На моей памяти Индия постоянно страдала от голода, вымирали целые провинции, пока и для них Борлоуг не вывел особый сорт пшеницы, что не боялась ни жаркого влажного климата, ни местных вредителей и сорняков, после чего урожаи возросли на порядок, Индия была не только спасена от голодной смерти, но даже начала экспортировать выращенное в ней зерно в другие страны!

В мир резко и внезапно пришло изобилие в том, чего недоставало человечеству все тысячи и тысячи лет – в еде. Новые сорта, удобрения, пестициды резко взметнули урожайность, и страны, ранее страдавшие от недорода и голода, получили обилие здоровой и недорогой пищи. Обилие.
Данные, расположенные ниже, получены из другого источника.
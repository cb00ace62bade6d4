-- ===== src/Scenarios/Experiments.antt =====
-- The theorems on experiments and correlation at one experiment and one observation.
use tracegarden.Prelude.{
  ℕ, ◌≡◌, refl, ◌↔◌, true, false, none, some, List, [], ◌∷◌, ◌++◌, Str, js, ◌===◌, trim, In,
}
use tracegarden.Prelude.Dict.{get}
use tracegarden.Prelude.Value.{
  Value, string, array, object, nil, cons, end, field, prop, all_strings, no_duplicates, is_digit,
  split_on,
}
use tracegarden.Prelude.Result.{ok}
use tracegarden.Domain.Names.{
  is_valid_cluster_id, is_valid_namespace, is_kind, is_valid_resource_name, is_alphanumeric,
  is_dns_label, is_label_char, is_lower, is_upper,
}
use tracegarden.Domain.Experiment.{
  ExperimentInput, ExperimentRecord, ExperimentWorkload, draft, active, parse_experiment_input,
  validate, checked, non_empty_string, is_text, string_list, workload_items, workloads_of,
  workload_source, workload_key, is_valid_workload, state_of, state_named, git_revision_of,
}
use tracegarden.Domain.Experiment.Acceptance.{IsAccepted, parse-IsAccepted}
use tracegarden.Domain.Lifecycle.{
  create_experiment_record, update_experiment_record, merge, is_valid_transition,
}
use tracegarden.Domain.Lifecycle.Updates.{Evolves, update_all, create-update_all-Evolves}
use tracegarden.Domain.Correlation.{
  CorrelationEntry, correlation_signals_between, candidate_of, suggest_correlation_candidates,
  ownership_signal, label_signal, revision_signal, time_signal, owned_by,
  workload_matches_observation, observation_uid,
}
use tracegarden.Domain.Correlation.Pairs.{Before, related, suggest_iff}
use tracegarden.Timeline.Records.{new_store}
use tracegarden.Timeline.Recording.{store_experiment, update_experiment}
use tracegarden.Timeline.Mirrors.{
  Mirrors, misses_entry, store_experiment-Mirrors, update_experiment-Mirrors,
}
use tracegarden.Scenarios.Fixtures.{dates}

abbrev request : Value
request = object (
    field (js "hypothesis") (string (js "more memory")) (
      field (js "change") (string (js "512Mi")) (
        field (js "observation") (string (js "restarts")) (
          field (js "conclusion") (string [])
            (field (js "workloads") (array (cons (string (js "c|apps|Pod|api")) nil)) end)))))

abbrev workload : ExperimentWorkload
workload = record { cluster_id = js "c"; namespace = js "apps"; kind = js "Pod"; name = js "api" }

abbrev input : ExperimentInput
input = record {
  hypothesis = js "more memory";
  change = js "512Mi";
  observation = js "restarts";
  conclusion = [];
  state = draft;
  tags = [];
  workloads = workload ∷ [];
  git_revision = none;
}

abbrev experiment : ExperimentRecord
experiment = record {
  id = js "x";
  workspace_id = js "w";
  timeline_entry_id = js "e2";
  created_by_member_id = js "m";
  input = input;
  created_at = 1 ∷ [];
  updated_at = 1 ∷ [];
}

request_parsed : parse_experiment_input request ≡ ok input
unfolding parse_experiment_input validate checked non_empty_string is_text string_list all_strings
    no_duplicates workload_items workloads_of workload_source workload_key is_valid_workload
    state_of state_named git_revision_of prop split_on is_valid_cluster_id is_valid_namespace
    is_kind is_valid_resource_name is_alphanumeric is_dns_label is_label_char is_lower is_upper
    is_digit trim ◌===◌
request_parsed = refl

parse-IsAccepted_example : IsAccepted input
parse-IsAccepted_example = parse-IsAccepted request input request_parsed

request_created :
    create_experiment_record (js "x") (js "w") (js "m") (js "e2") (1 ∷ []) request ≡ ok experiment
unfolding create_experiment_record
request_created = rw (request_parsed, create_experiment_record) refl

-- To active, with an empty hypothesis, and back to draft: the first is accepted.
abbrev start : Value
start = object (field (js "state") (string (js "active")) end)

abbrev started : ExperimentRecord
started = record experiment { input = record input { state = active }; updated_at = 2 ∷ [] }

start_accepted : update_experiment_record experiment start (2 ∷ []) ≡ ok started
unfolding update_experiment_record merge is_valid_transition validate checked non_empty_string
    is_text string_list all_strings no_duplicates workload_items workloads_of workload_source
    workload_key is_valid_workload state_of state_named git_revision_of prop split_on
    is_valid_cluster_id is_valid_namespace is_kind is_valid_resource_name is_alphanumeric
    is_dns_label is_label_char is_lower is_upper is_digit trim ◌===◌
start_accepted = refl

abbrev starting : List (Value × Str)
starting = (start, 2 ∷ []) ∷ []

abbrev refused_later : List (Value × Str)
refused_later =
    (object (field (js "hypothesis") (string []) end), 3 ∷ [])
    ∷ (object (field (js "state") (string (js "draft")) end), 4 ∷ [])
    ∷ []

create-update_all-Evolves_example :
    Evolves experiment (update_all experiment starting)
    × Evolves (update_all experiment starting) (update_all experiment (starting ++ refused_later))
create-update_all-Evolves_example =
    create-update_all-Evolves (js "x") (js "w") (js "m") (js "e2") (1 ∷ []) request experiment
      starting refused_later request_created

-- The pod of the experiment, an hour after it.
abbrev pod_entry : CorrelationEntry
pod_entry = record {
  id = js "e1";
  workspace_id = js "w";
  occurred_at = 3600000 ∷ [];
  observation = some (record {
    kind = js "Pod";
    name = js "api";
    namespace = js "apps";
    cluster_id = js "c";
    source_identity = js "c:u1";
    owner_references = [];
    labels = (js "app", js "api") ∷ [];
    revision = none;
  });
  experiment = none;
}

abbrev experiment_entry : CorrelationEntry
experiment_entry = record {
  id = js "e2";
  workspace_id = js "w";
  occurred_at = 1 ∷ [];
  observation = none;
  experiment = some (record { workloads = workload ∷ []; git_revision = none });
}

pod_entry-related : related dates pod_entry experiment_entry ≡ true
unfolding correlation_signals_between ownership_signal label_signal revision_signal time_signal
    owned_by workload_matches_observation observation_uid no_duplicates ◌===◌
pod_entry-related = refl

suggest_iff_example :
    let entries = pod_entry ∷ experiment_entry ∷ [] in
    let c = candidate_of dates pod_entry experiment_entry in
    In c (suggest_correlation_candidates dates entries) ↔ (
      (l : CorrelationEntry) × (r : CorrelationEntry) × Before l r entries
      × (related dates l r ≡ true)
      × (c ≡ candidate_of dates l r))
suggest_iff_example =
    suggest_iff dates (candidate_of dates pod_entry experiment_entry)
      (pod_entry ∷ experiment_entry ∷ [])

empty-Mirrors : Mirrors (new_store none)
unfolding new_store get
empty-Mirrors = record { mirrored = λ id x h. absurd cc }

abbrev fresh_ids : Str → ℕ → Str
fresh_ids workspace n = b'g' ∷ n ∷ workspace

stored-Mirrors : Mirrors (store_experiment experiment (new_store none))
unfolding new_store get
stored-Mirrors = store_experiment-Mirrors experiment (new_store none) refl refl empty-Mirrors

update_experiment-Mirrors_example :
    let r =
      update_experiment dates fresh_ids
        (2 ∷ [])
        (js "w")
        (js "x")
        start
        (store_experiment experiment (new_store none)) in
    Mirrors r.1 × (misses_entry r.0 ≡ false)
update_experiment-Mirrors_example =
    update_experiment-Mirrors dates fresh_ids (2 ∷ []) (js "w") (js "x") start
      (store_experiment experiment (new_store none)) stored-Mirrors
Благодаря Борлоугу новые сорта пшеницы, кукурузы, подсолнечников позволили снимать такие урожаи, что впервые даже самые бедные страны Африки ощутили, что такое изобилие, даже сверхизобилие.

За десять лет «зеленой революции» Африка стала получать продуктов питания столько же, сколько и Франция или Бельгия на душу населения. Впервые в Нигерии и Сомали появились на улицах толпы прогуливающихся толстяков, что не работали, предпочитая жить на очень скромный в финансовом отношении БОД.

В Европе, России и Штатах, частично в Китае, к тому времени уже голод утолили, множество людей разожрались, и возникло движение за Здоровый Образ Жизни, сокращенный до ЗОЖ. Это новое движение охватило в Европе где-то почти треть населения, в Центральной Азии лишь доли процента, а до Африки мода на здоровый образ жизни ещё не докатилась, слишком много столетий континент голодал, сейчас усердно наверстывает, и тот, кто заговорит о каких-то ограничениях в еде, покажется преступником.

Африка ещё некоторое время жила импортом пшеницы и кукурузы, но голода больше не было и там, а потом удалось поднять урожайность местных сортов, и в мире не осталось мест, где бы не хватало продовольствия.

Я вздохнул. А дальше получилось то, что должно было получиться. В Штатах, Европе и России не разъелись так уж слишком, потому что нужно было много работать и воевать, а в Африке, где заводов и фабрик пока ещё не настроили, но народ начали кормить до отвала, как бы извиняясь за прошедшие столетия голода, пошла эпидемия ожирения, что намного раньше появилась в Европе и Штатах, но там не приняла такие масштабы.

Европа и Штаты пострадали сравнительно слабо, хотя снаппер унес почти четверть населения, но всё-таки сильнее всего ударил по так называемым развивающимся странам. Развивались они, в основном, в плане высокой рождаемости, производство там росло очень слабо, население на вынужденном БОДе, что и позволило снапперу с жадностью наброситься на лакомых жертв.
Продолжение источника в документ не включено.